Shoshana Goldberg, HRC Director of Public Education and Research

Overall cases of mpox have fallen precipitously since the virus’s peak in summer of 2022 in large part because the LGBTQ+ community took action by protesting slow government response, sharing personal mpox experiences with others for awareness and heeding the science to stay safe. On August 6, 2022, the seven day moving average was 459 cases of mpox. As of February 15, 2023, the seven day moving average is down to two cases.

HRC has been closely monitoring mpox in the United States andraising awareness about disparities. In an effort to provide critical and timely information to the LGBTQ+ community, HRC created a resource page that lays out what the virus is, how it spreads, symptoms to watch for and current vaccine information, among other crucial information based on CDC and HHS guidance. In addition, HRC has been in communication with the CDC and the White House, partnered with Gilead Sciences, and continues to work closely with numerous community based organizations providing information on mpox and working to get people fully vaccinated.

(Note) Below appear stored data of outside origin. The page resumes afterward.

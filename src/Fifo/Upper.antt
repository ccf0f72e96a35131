-- ===== src/Fifo/Upper.antt =====
-- iMX287Learn/fifo/doc/client.c and server.c: a client sends a message through the server's pipe,
-- and the server answers through the client's with the text in upper case, from where both are
-- open. `none` is an error of a call, a message that does not come whole, or a text without its
-- end.
pub mod Conversation
pub mod Names
pub mod Messages
pub mod Lives
pub mod Sent
pub mod Leftovers
use linuxapp.Common.{
  ℕ, zero, suc, ◌+◌, ◌*◌, ◌/◌, ◌%◌, ◌^◌, ◌≤◌, ◌<◌, ◌==◌, ltb, if◌then◌else◌, Option, none, some,
  ◌>>=◌, List, [], ◌∷◌, ◌++◌, map, length, take, drop, ◌≡◌, ◌≢◌, refl, ap, ap₂, sym, ◌∙◌, arith,
  inl, inr, Bool-cases, ==_iff, take-append, length-append, length-map,
}
use mathlib.Core.List.{append_assoc}
use linuxapp.Common.CString.{c_string, c_string_lem, IsText, IsText-append}
use linuxapp.Common.Decimal.{decimal}
use linuxapp.Common.Channel.{Pipe, IsFifo, IsWorking, passes_through}

-- `struct message`: a pid of four bytes, the 21 characters of its text, and three bytes that fill
-- it up to a multiple of four.
pub record Message : Type 0 where
  pub client_pid : ℕ
  pub text : List ℕ
  pub padding : List ℕ

abbrev pub text_size : ℕ
text_size = 21

-- sizeof(message)
abbrev pub message_size : ℕ
message_size = 28

-- A message in memory, the lowest byte of its pid first, and the message that bytes are.
unfoldable pub message_bytes : Message → List ℕ
message_bytes m =
    m.client_pid % 256
    ∷ m.client_pid / 2 ^ 8 % 256
    ∷ m.client_pid / 2 ^ 16 % 256
    ∷ m.client_pid / 2 ^ 24 % 256
    ∷ (m.text ++ m.padding)

unfoldable pub message_at : List ℕ → Option Message
message_at (a ∷ b ∷ c ∷ d ∷ rest) = some (record {
  client_pid = a + b * 2 ^ 8 + c * 2 ^ 16 + d * 2 ^ 24;
  text = take text_size rest;
  padding = drop text_size rest;
})
message_at _ = none

-- `Hello from ` and the number: what sprintf writes, without its end.
abbrev pub hello_from : List ℕ
hello_from = b'H' ∷ b'e' ∷ b'l' ∷ b'l' ∷ b'o' ∷ b' ' ∷ b'f' ∷ b'r' ∷ b'o' ∷ b'm' ∷ b' ' ∷ []

abbrev pub hello_text : ℕ → List ℕ
hello_text pid = hello_from ++ decimal 10 pid

-- The client's message: behind the text stand its end and what the stack held.
unfoldable pub client_message : ℕ → List ℕ → List ℕ → Message
client_message pid junk padding = record {
  client_pid = pid;
  text = hello_text pid ++ 0 ∷ junk;
  padding = padding;
}

module _ (toupper : ℕ → ℕ) where
  -- The server's inner loop, up to the 0.
  unfoldable pub upper : List ℕ → Option (List ℕ)
  upper [] = none
  upper (c ∷ cs) =
      let rest = upper cs in
      if c == 0 then some (c ∷ cs) else rest >>= λ more. some (toupper c ∷ more)

  module _ (P Q : Pipe) where
    -- A round of the server's loop, from its pipe to the client's.
    unfoldable pub server_round : P.State → Q.State → Option (P.State × Q.State)
    server_round s r = do
      (bytes, s') ← P.read s message_size
      m ← message_at bytes
      text ← upper m.text
      (n, r') ← Q.write r (message_bytes (record m { text = text }))
      some (s', r')

    -- `main` of client.c with one round of the server's between its write and its read: the text
    -- that it prints as received.
    unfoldable pub converse :
        ℕ → List ℕ → List ℕ → P.State → Q.State → Option (List ℕ × P.State × Q.State)
    converse pid junk padding s r = do
      (n, s') ← P.write s (message_bytes (client_message pid junk padding))
      (s'', r') ← server_round s' r
      (bytes, r'') ← Q.read r' message_size
      m ← message_at bytes
      received ← c_string m.text
      some (received, s'', r'')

The Human Rights Campaign Foundation is the educational arm of the Human Rights Campaign (HRC), America's largest civil rights organization working to achieve equality for lesbian, gay, bisexual, transgender and queer (LGBTQ+) people. Through its programs, the HRC Foundation seeks to make transformational change in the everyday lives of LGBTQ+ people, shedding light on inequity and deepening the public’s understanding of LGBTQ+ issues, with a clear focus on advancing transgender and racial justice. Its work has transformed the landscape for more than 15 million workers, 11 million students, 1 million clients in the adoption and foster care system and so much more. The HRC Foundation provides direct consultation and technical assistance to institutions and communities, driving the advancement of inclusive policies and practices; it builds the capacity of future leaders and allies through fellowship and training programs; and, with the firm belief that we are stronger working together, it forges partnerships with advocates in the U.S. and around the globe to increase our impact and shape the future of our work.